* **PROBLEM TO SOLVE**
Write out the following listing's lines from the one with "(to : ℕ) where" to the one with "abbrev pub IsAbove : ℕ → T → Type 0", exactly, with both included and no others.
· · · · · · ·
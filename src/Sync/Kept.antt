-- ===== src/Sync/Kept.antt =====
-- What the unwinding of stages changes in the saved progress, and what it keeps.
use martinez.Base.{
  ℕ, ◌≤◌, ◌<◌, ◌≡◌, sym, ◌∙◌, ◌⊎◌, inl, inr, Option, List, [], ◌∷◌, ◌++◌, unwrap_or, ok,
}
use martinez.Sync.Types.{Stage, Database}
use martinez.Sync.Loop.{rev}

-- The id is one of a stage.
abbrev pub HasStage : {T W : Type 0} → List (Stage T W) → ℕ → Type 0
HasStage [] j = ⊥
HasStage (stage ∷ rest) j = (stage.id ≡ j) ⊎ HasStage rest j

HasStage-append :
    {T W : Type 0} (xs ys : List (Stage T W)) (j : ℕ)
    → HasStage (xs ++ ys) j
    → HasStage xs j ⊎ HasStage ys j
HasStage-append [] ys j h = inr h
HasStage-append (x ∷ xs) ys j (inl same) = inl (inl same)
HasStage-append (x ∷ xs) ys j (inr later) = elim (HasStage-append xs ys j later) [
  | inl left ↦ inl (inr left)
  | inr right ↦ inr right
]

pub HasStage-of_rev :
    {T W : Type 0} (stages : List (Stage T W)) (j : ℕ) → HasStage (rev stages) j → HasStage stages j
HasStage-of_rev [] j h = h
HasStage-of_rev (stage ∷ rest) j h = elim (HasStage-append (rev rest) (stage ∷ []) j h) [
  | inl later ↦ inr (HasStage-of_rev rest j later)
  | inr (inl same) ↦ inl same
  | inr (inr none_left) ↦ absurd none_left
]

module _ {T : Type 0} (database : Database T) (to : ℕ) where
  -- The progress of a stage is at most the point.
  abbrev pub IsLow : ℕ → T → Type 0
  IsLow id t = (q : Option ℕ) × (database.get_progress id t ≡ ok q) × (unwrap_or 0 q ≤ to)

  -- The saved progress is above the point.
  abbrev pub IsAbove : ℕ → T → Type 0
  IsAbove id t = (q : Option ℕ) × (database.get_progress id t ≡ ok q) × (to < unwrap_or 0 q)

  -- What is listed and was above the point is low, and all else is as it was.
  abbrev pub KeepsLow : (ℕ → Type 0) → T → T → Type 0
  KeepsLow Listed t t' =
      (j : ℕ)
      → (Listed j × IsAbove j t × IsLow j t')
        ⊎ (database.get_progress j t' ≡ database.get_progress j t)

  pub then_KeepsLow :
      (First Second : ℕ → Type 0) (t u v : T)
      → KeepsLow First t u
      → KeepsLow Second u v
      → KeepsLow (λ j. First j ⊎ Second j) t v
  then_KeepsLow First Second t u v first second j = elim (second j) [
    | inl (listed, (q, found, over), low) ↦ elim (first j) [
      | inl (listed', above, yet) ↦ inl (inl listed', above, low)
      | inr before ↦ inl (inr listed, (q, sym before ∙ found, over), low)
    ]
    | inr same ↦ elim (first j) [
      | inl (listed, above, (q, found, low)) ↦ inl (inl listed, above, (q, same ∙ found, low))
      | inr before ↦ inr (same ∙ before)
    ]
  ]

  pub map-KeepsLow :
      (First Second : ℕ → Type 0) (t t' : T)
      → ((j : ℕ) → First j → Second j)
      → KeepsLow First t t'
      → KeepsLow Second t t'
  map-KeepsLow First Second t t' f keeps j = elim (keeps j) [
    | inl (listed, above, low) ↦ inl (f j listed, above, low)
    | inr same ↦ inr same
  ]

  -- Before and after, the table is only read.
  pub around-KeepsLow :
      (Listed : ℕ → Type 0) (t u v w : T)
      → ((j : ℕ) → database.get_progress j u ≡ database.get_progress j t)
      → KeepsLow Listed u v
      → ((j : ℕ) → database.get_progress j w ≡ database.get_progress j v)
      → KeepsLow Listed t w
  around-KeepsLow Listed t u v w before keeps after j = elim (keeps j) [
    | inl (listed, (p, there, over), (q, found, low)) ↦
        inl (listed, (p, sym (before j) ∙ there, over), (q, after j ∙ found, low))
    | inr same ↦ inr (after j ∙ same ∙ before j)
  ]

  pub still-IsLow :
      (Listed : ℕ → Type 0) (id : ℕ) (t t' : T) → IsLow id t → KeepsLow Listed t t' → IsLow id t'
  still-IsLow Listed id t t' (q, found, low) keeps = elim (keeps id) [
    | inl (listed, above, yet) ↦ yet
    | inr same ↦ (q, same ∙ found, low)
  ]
· · · · · · ·
* **OUTPUT FOR THIS EXERCISE**
module _ {T : Type 0} (database : Database T) (to : ℕ) where
  -- The progress of a stage is at most the point.
  abbrev pub IsLow : ℕ → T → Type 0
  IsLow id t = (q : Option ℕ) × (database.get_progress id t ≡ ok q) × (unwrap_or 0 q ≤ to)

  -- The saved progress is above the point.
  abbrev pub IsAbove : ℕ → T → Type 0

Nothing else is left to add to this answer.